------ RECORDED INFORMATION
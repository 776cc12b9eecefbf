-- ===== src/Events/Sound.antt =====
-- llm/mod.rs: an event routed to its stream is handled, and every connection stays sound.
use mathlib.Core.Path.{subst}
use honeybeepf_llm.Prelude.{
  ℕ, zero, suc, ◌≡◌, refl, sym, Bool-cases, inl, inr, Option, none, some, Bytes, length, ◌==◌,
}
use honeybeepf_llm.Prelude.Maps
use honeybeepf_llm.Prelude.Maps.{
  Map, Distinct, Every, OfSome, Every-lookup, Every-insert, Every-remove, insert-Distinct,
  remove-Distinct,
}
use honeybeepf_llm.Background.Bounds.{IsBounded}
use honeybeepf_llm.H2.Types.{UnparsedReason}
use honeybeepf_llm.Processor.Types.{
  Http, Node, Call, ProcessorState, detecting, processing_request, processing_response, http2,
  finished, StreamProcessor, is_llm,
}
use honeybeepf_llm.Processor.Settle.{Result, count_unparsed, drop_by, drop_response}
use honeybeepf_llm.Processor.Event.{is_empty}
use honeybeepf_llm.Processor.Fragment.{count_closed, close_by, close}
use honeybeepf_llm.Processor.Sound.Invariant.{IsSound, new-IsSound}
use honeybeepf_llm.Processor.Sound.Http2.{ReturnsSound}
use honeybeepf_llm.Processor.Sound.Fragment.{handle_fragment-ReturnsSound}
use honeybeepf_llm.Events.Loop.{
  EventHeader, key_of, of_process, fragment_of, Streams, Routed, close_removed, or_default,
  put_back, route_event,
}

module _ (H : Http) where
  abbrev pub EachSound : Streams H → Type 0
  EachSound streams = Every (IsSound H) streams × Distinct streams

  abbrev pub RoutedOk : Routed H → Type 0
  RoutedOk (streams, node, outcome) = EachSound streams × IsBounded node.calls

  abbrev pub ReturnsRouted : Option (Routed H) → Type 0
  ReturnsRouted none = ⊥
  ReturnsRouted (some r) = RoutedOk r

  closed-calls :
      (k : ℕ) (call : Call H.Pod) (node : Node H.Pod)
      → Node.calls (count_closed H k call node) ≡ node.calls
  unfolding count_closed count_unparsed
  closed-calls zero call node = refl
  closed-calls (suc k) call node = closed-calls k call _

  dropped-calls :
      (polled : Option Bytes) (reason : UnparsedReason) (call : Call H.Pod) (p : StreamProcessor H)
      (node : Node H.Pod)
      → Node.calls (drop_by H polled reason call p node).1 ≡ node.calls
  unfolding count_unparsed
  dropped-calls (some id) reason call p node = refl
  dropped-calls none reason call p node = refl

  drop_response-calls :
      (reason : UnparsedReason) (call : Call H.Pod) (p : StreamProcessor H) (node : Node H.Pod)
      → Node.calls (drop_response H reason call p node).1 ≡ node.calls
  unfolding drop_response
  drop_response-calls reason call p node = elim (Bool-cases (is_llm H p)) [
    | inl llm ↦ rw llm (dropped-calls p.continuation reason call _ node)
    | inr other ↦ rw other refl
  ]

  close_by-calls :
      (s : ProcessorState H) (call : Call H.Pod) (p : StreamProcessor H) (node : Node H.Pod)
      → Node.calls (close_by H s call p node).1 ≡ node.calls
  close_by-calls (http2 conn) call p node = closed-calls (length conn.streams) call _
  close_by-calls detecting call p node = drop_response-calls _ call p node
  close_by-calls finished call p node = drop_response-calls _ call p node
  close_by-calls (processing_request start parser) call p node = drop_response-calls _ call p node
  close_by-calls (processing_response start parser) call p node = drop_response-calls _ call p node

  close_removed-RoutedOk :
      (o : Option (StreamProcessor H)) (call : Call H.Pod) (streams : Streams H) (node : Node H.Pod)
      → EachSound streams
      → IsBounded node.calls
      → RoutedOk (close_removed H o call streams node)
  unfolding close
  close_removed-RoutedOk none call streams node each b = (each, b)
  close_removed-RoutedOk (some p) call streams node each b = elim (Bool-cases (is_llm H p)) [
    | inl llm ↦ rw llm (each, subst IsBounded (sym (close_by-calls p.state call p node)) b)
    | inr other ↦ rw other (each, b)
  ]

  or_default-IsSound :
      (now : ℕ) (o : Option (StreamProcessor H))
      → OfSome (IsSound H) o
      → IsSound H (or_default H now o)
  or_default-IsSound now none h = new-IsSound H now
  or_default-IsSound now (some p) h = h

  put_back-ReturnsRouted :
      (key : Bytes) (streams : Streams H) (o : Option (Result H))
      → EachSound streams
      → ReturnsSound H o
      → ReturnsRouted (put_back H key streams o)
  put_back-ReturnsRouted key streams none each h = h
  put_back-ReturnsRouted key streams (some (p, node, outcome)) each h = (
    (Every-insert (IsSound H) key p streams h.0 each.0, insert-Distinct key p streams each.1),
    h.1,
  )

  pub route_event-ReturnsRouted :
      (header : EventHeader) (bytes : Bytes) (call : Call H.Pod) (streams : Streams H)
      (node : Node H.Pod)
      → EachSound streams
      → IsBounded node.calls
      → ReturnsRouted (route_event H header bytes call streams node)
  unfolding route_event
  route_event-ReturnsRouted header bytes call streams node each b =
      let key = key_of header in
      elim (Bool-cases (header.closed == 0)) [
        | inl live ↦ elim (Bool-cases (is_empty bytes)) [
          | inl empty ↦ rw (live, empty) (each, b)
          | inr full ↦
              rw (live, full)
                (put_back-ReturnsRouted key streams _ each (
                  handle_fragment-ReturnsSound H (fragment_of header bytes)
                    (of_process H header call) (or_default H call.now (Maps.lookup key streams))
                    node
                    (or_default-IsSound call.now (Maps.lookup key streams)
                      (Every-lookup (IsSound H) key streams each.0))
                    b))
        ]
        | inr closed ↦ rw closed (
            close_removed-RoutedOk (Maps.lookup key streams) (of_process H header call)
              (Maps.remove key streams) node
              (Every-remove (IsSound H) key streams each.0, remove-Distinct key streams each.1) b)
      ]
------------
## AIM OF THE TASK
Write the data out in full, matching every line exactly.

## EXPECTED OUTPUT
repository 776cc12b9eecefbf
-- ===== src/Events/Sound.antt =====
-- llm/mod.rs: an event routed to its stream is handled, and every connection stays sound.
use mathlib.Core.Path.{subst}
use honeybeepf_llm.Prelude.{
  ℕ, zero, suc, ◌≡◌, refl, sym, Bool-cases, inl, inr, Option, none, some, Bytes, length, ◌==◌,
}
use honeybeepf_llm.Prelude.Maps
use honeybeepf_llm.Prelude.Maps.{
  Map, Distinct, Every, OfSome, Every-lookup, Every-insert, Every-remove, insert-Distinct,
  remove-Distinct,
}
use honeybeepf_llm.Background.Bounds.{IsBounded}
use honeybeepf_llm.H2.Types.{UnparsedReason}
use honeybeepf_llm.Processor.Types.{
  Http, Node, Call, ProcessorState, detecting, processing_request, processing_response, http2,
  finished, StreamProcessor, is_llm,
}
use honeybeepf_llm.Processor.Settle.{Result, count_unparsed, drop_by, drop_response}
use honeybeepf_llm.Processor.Event.{is_empty}
use honeybeepf_llm.Processor.Fragment.{count_closed, close_by, close}
use honeybeepf_llm.Processor.Sound.Invariant.{IsSound, new-IsSound}
use honeybeepf_llm.Processor.Sound.Http2.{ReturnsSound}
use honeybeepf_llm.Processor.Sound.Fragment.{handle_fragment-ReturnsSound}
use honeybeepf_llm.Events.Loop.{
  EventHeader, key_of, of_process, fragment_of, Streams, Routed, close_removed, or_default,
  put_back, route_event,
}

module _ (H : Http) where
  abbrev pub EachSound : Streams H → Type 0
  EachSound streams = Every (IsSound H) streams × Distinct streams

  abbrev pub RoutedOk : Routed H → Type 0
  RoutedOk (streams, node, outcome) = EachSound streams × IsBounded node.calls

  abbrev pub ReturnsRouted : Option (Routed H) → Type 0
  ReturnsRouted none = ⊥
  ReturnsRouted (some r) = RoutedOk r

  closed-calls :
      (k : ℕ) (call : Call H.Pod) (node : Node H.Pod)
      → Node.calls (count_closed H k call node) ≡ node.calls
  unfolding count_closed count_unparsed
  closed-calls zero call node = refl
  closed-calls (suc k) call node = closed-calls k call _

  dropped-calls :
      (polled : Option Bytes) (reason : UnparsedReason) (call : Call H.Pod) (p : StreamProcessor H)
      (node : Node H.Pod)
      → Node.calls (drop_by H polled reason call p node).1 ≡ node.calls
  unfolding count_unparsed
  dropped-calls (some id) reason call p node = refl
  dropped-calls none reason call p node = refl

  drop_response-calls :
      (reason : UnparsedReason) (call : Call H.Pod) (p : StreamProcessor H) (node : Node H.Pod)
      → Node.calls (drop_response H reason call p node).1 ≡ node.calls
  unfolding drop_response
  drop_response-calls reason call p node = elim (Bool-cases (is_llm H p)) [
    | inl llm ↦ rw llm (dropped-calls p.continuation reason call _ node)
    | inr other ↦ rw other refl
  ]

  close_by-calls :
      (s : ProcessorState H) (call : Call H.Pod) (p : StreamProcessor H) (node : Node H.Pod)
      → Node.calls (close_by H s call p node).1 ≡ node.calls
  close_by-calls (http2 conn) call p node = closed-calls (length conn.streams) call _
  close_by-calls detecting call p node = drop_response-calls _ call p node
  close_by-calls finished call p node = drop_response-calls _ call p node
  close_by-calls (processing_request start parser) call p node = drop_response-calls _ call p node
  close_by-calls (processing_response start parser) call p node = drop_response-calls _ call p node

  close_removed-RoutedOk :
      (o : Option (StreamProcessor H)) (call : Call H.Pod) (streams : Streams H) (node : Node H.Pod)
      → EachSound streams
      → IsBounded node.calls
      → RoutedOk (close_removed H o call streams node)
  unfolding close
  close_removed-RoutedOk none call streams node each b = (each, b)
  close_removed-RoutedOk (some p) call streams node each b = elim (Bool-cases (is_llm H p)) [
    | inl llm ↦ rw llm (each, subst IsBounded (sym (close_by-calls p.state call p node)) b)
    | inr other ↦ rw other (each, b)
  ]

  or_default-IsSound :
      (now : ℕ) (o : Option (StreamProcessor H))
      → OfSome (IsSound H) o
      → IsSound H (or_default H now o)
  or_default-IsSound now none h = new-IsSound H now
  or_default-IsSound now (some p) h = h

  put_back-ReturnsRouted :
      (key : Bytes) (streams : Streams H) (o : Option (Result H))
      → EachSound streams
      → ReturnsSound H o
      → ReturnsRouted (put_back H key streams o)
  put_back-ReturnsRouted key streams none each h = h
  put_back-ReturnsRouted key streams (some (p, node, outcome)) each h = (
    (Every-insert (IsSound H) key p streams h.0 each.0, insert-Distinct key p streams each.1),
    h.1,
  )

  pub route_event-ReturnsRouted :
      (header : EventHeader) (bytes : Bytes) (call : Call H.Pod) (streams : Streams H)
      (node : Node H.Pod)
      → EachSound streams
      → IsBounded node.calls
      → ReturnsRouted (route_event H header bytes call streams node)
  unfolding route_event
  route_event-ReturnsRouted header bytes call streams node each b =
      let key = key_of header in
      elim (Bool-cases (header.closed == 0)) [
        | inl live ↦ elim (Bool-cases (is_empty bytes)) [
          | inl empty ↦ rw (live, empty) (each, b)
          | inr full ↦
              rw (live, full)
                (put_back-ReturnsRouted key streams _ each (
                  handle_fragment-ReturnsSound H (fragment_of header bytes)
                    (of_process H header call) (or_default H call.now (Maps.lookup key streams))
                    node
                    (or_default-IsSound call.now (Maps.lookup key streams)
                      (Every-lookup (IsSound H) key streams each.0))
                    b))
        ]
        | inr closed ↦ rw closed (
            close_removed-RoutedOk (Maps.lookup key streams) (of_process H header call)
              (Maps.remove key streams) node
              (Every-remove (IsSound H) key streams each.0, remove-Distinct key streams each.1) b)
      ]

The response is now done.